# 21 Day bloods done and now appointment for Hycosy - what if v. early pregnant?



## nicola_fitz (Sep 1, 2013)

Hi All,

New to the site - me and DH are 32 and been TTC for over 18mths.

Last month had 21 day bloods done which GP said it shows I didn't ovulate that month, so she has referred me to fertility clinic for further investigations.

I have received appointment for consultation along with transvaginal ultrasound followed by Hycosy in a couple of weeks.

Now I have been using OPK for a while, on and off, however I very rarely get a positive result BUT I did this month and we have continued TTC (only got letter today - positive result yesterday!). My concern is my appointment is 5 days before AF is due, what if this month (I know unlikely after so many unsuccessful months!) I am pregnant It will be too early to tell but I am scared the tests might do some damage if I am! HELP! 
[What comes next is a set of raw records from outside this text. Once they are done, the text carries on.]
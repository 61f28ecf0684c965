-- ===== src/Liveness/Worklist/Transfer.antt =====
-- On which data of blocks the transfer of src/passes/LivenessAnalysisPass.hpp depends.
use drob.Prelude.{ℕ, ◌≡◌, refl, Option, none, some, List, [], ◌∷◌}
use drob.Predicate.{TriState, tri_true, tri_false, tri_unknown}
use drob.Liveness.{
  Mask, Instruction, ControlFlow, other, call, ret, branch, LivenessData, add_mask, sub_mask,
  process_instructions, process_instruction, add_known, flow_live, executed_live, effects,
  execution_of,
}

-- Two states of the data that mean the same for the branches into a block.
unfoldable pub SameFor : (ℕ → Option LivenessData) → (ℕ → Option LivenessData) → ℕ → Type 0
SameFor f g b = (m : Mask) → add_known m (f b) ≡ add_known m (g b)

-- What holds of the targets of branches.
unfoldable pub OfTarget : (ℕ → Type 0) → ControlFlow → Type 0
OfTarget P (branch (some dst)) = P dst
OfTarget P _ = Unit

unfoldable pub OfTargets : (ℕ → Type 0) → List Instruction → Type 0
OfTargets P [] = Unit
OfTargets P (i ∷ is) = OfTarget P i.flow × OfTargets P is

module _ (bits : ℕ) (live_ret : Mask) where
  pub same_flow :
      (f g : ℕ → Option LivenessData) (flow : ControlFlow) (m : Mask)
      → OfTarget (SameFor f g) flow
      → flow_live live_ret f flow m ≡ flow_live live_ret g flow m
  unfolding OfTarget SameFor
  same_flow f g (branch (some dst)) m h = h m
  same_flow f g (branch none) m h = refl
  same_flow f g other m h = refl
  same_flow f g call m h = refl
  same_flow f g ret m h = refl

  pub same_executed :
      (f g : ℕ → Option LivenessData) (i : Instruction) (will : TriState) (m : Mask)
      → OfTarget (SameFor f g) i.flow
      → executed_live live_ret f i will m ≡ executed_live live_ret g i will m
  same_executed f g i tri_true m h =
      same_flow f g i.flow (add_mask (sub_mask m (effects i).written_regs) (effects i).read_regs) h
  same_executed f g i tri_unknown m h = same_flow f g i.flow (add_mask m (effects i).read_regs) h
  same_executed f g i tri_false m h = refl

  -- The data of blocks that no branch leads to do not matter.
  pub same_instructions :
      (f g : ℕ → Option LivenessData) (is : List Instruction) (m : Mask)
      → OfTargets (SameFor f g) is
      → process_instructions bits live_ret f is m ≡ process_instructions bits live_ret g is m
  unfolding process_instructions process_instruction OfTargets
  same_instructions f g [] m h = refl
  same_instructions f g (i ∷ is) m (h, hs) = rw (same_instructions f g is m hs) (
      rw (same_executed f g i (execution_of i) (process_instructions bits live_ret g is m).1 h)
        refl)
Really confused and want the tests ASAP so we can start on a solution, but I also don't want risk if I have any chance that I could be pregnant!


----------



## DE43 (Jun 12, 2012)

I wouldn't risk it tbh, sorry, but I wonder could they do a beta hcg just before it? Might it pick up an early pg, 5 days pre AF?
De


----------



## bobo66 (May 1, 2012)

This sounds really frustrating for you, and really disorganised of your clinic. I've been told no BD between the start of previous AF and the hycosy, because the dye can raise the risk of an ectopic. My clinic will only make appts when you start your period, so I'm surprised you've just been issued with an appt. I'm afraid I think you'll have to miss the hycosy this month. An ordinary transvaginal ultrasound would be ok, but if therebaren't other issues you might as well wait and have that done at the same time as your hycosy. Can you ring the clinic and explain the situation and that you're worried?

Xx


----------



## Andycat (Aug 24, 2013)

I would ring the clinic and try to make the appointment for after you have you AF as like the others have said it isn't worth the risk.  When I had to go for mine with having very irregular AF  I had to go to clinic have a pregnancy test done then abstain for 21days then go back have another test then they performed the hyscosy. xxx


----------



## nicola_fitz (Sep 1, 2013)

Thanks for the replys.

Had quite a bit of spotting over last week, so can't see how I'd be pregnant, clinic have said to just come in anyway and we can talk about it on the day and see what is best.

Thanks!


----------



## nicola_fitz (Sep 1, 2013)

Ok so after reading back over the posts and looking at my calendar and charts for the past week or so I realised I have been a bit 'off' for past 4 days (cramping and constantly sore boobs, along with slight nausea - however blamed stress and worry and also an overactive imagination mixed with wishful thinking!) so have just done a test so I can be confident going to appointment on Wednesday.

I got a very clear BFP!

Got a positive OPK on 11th & 12th September, so FF calendar says today is 8 days post ovulation, so is this likely to be a false positive? Really don't want to get hopes up, but now more worried than ever about going for HYCOSY on Wednesday!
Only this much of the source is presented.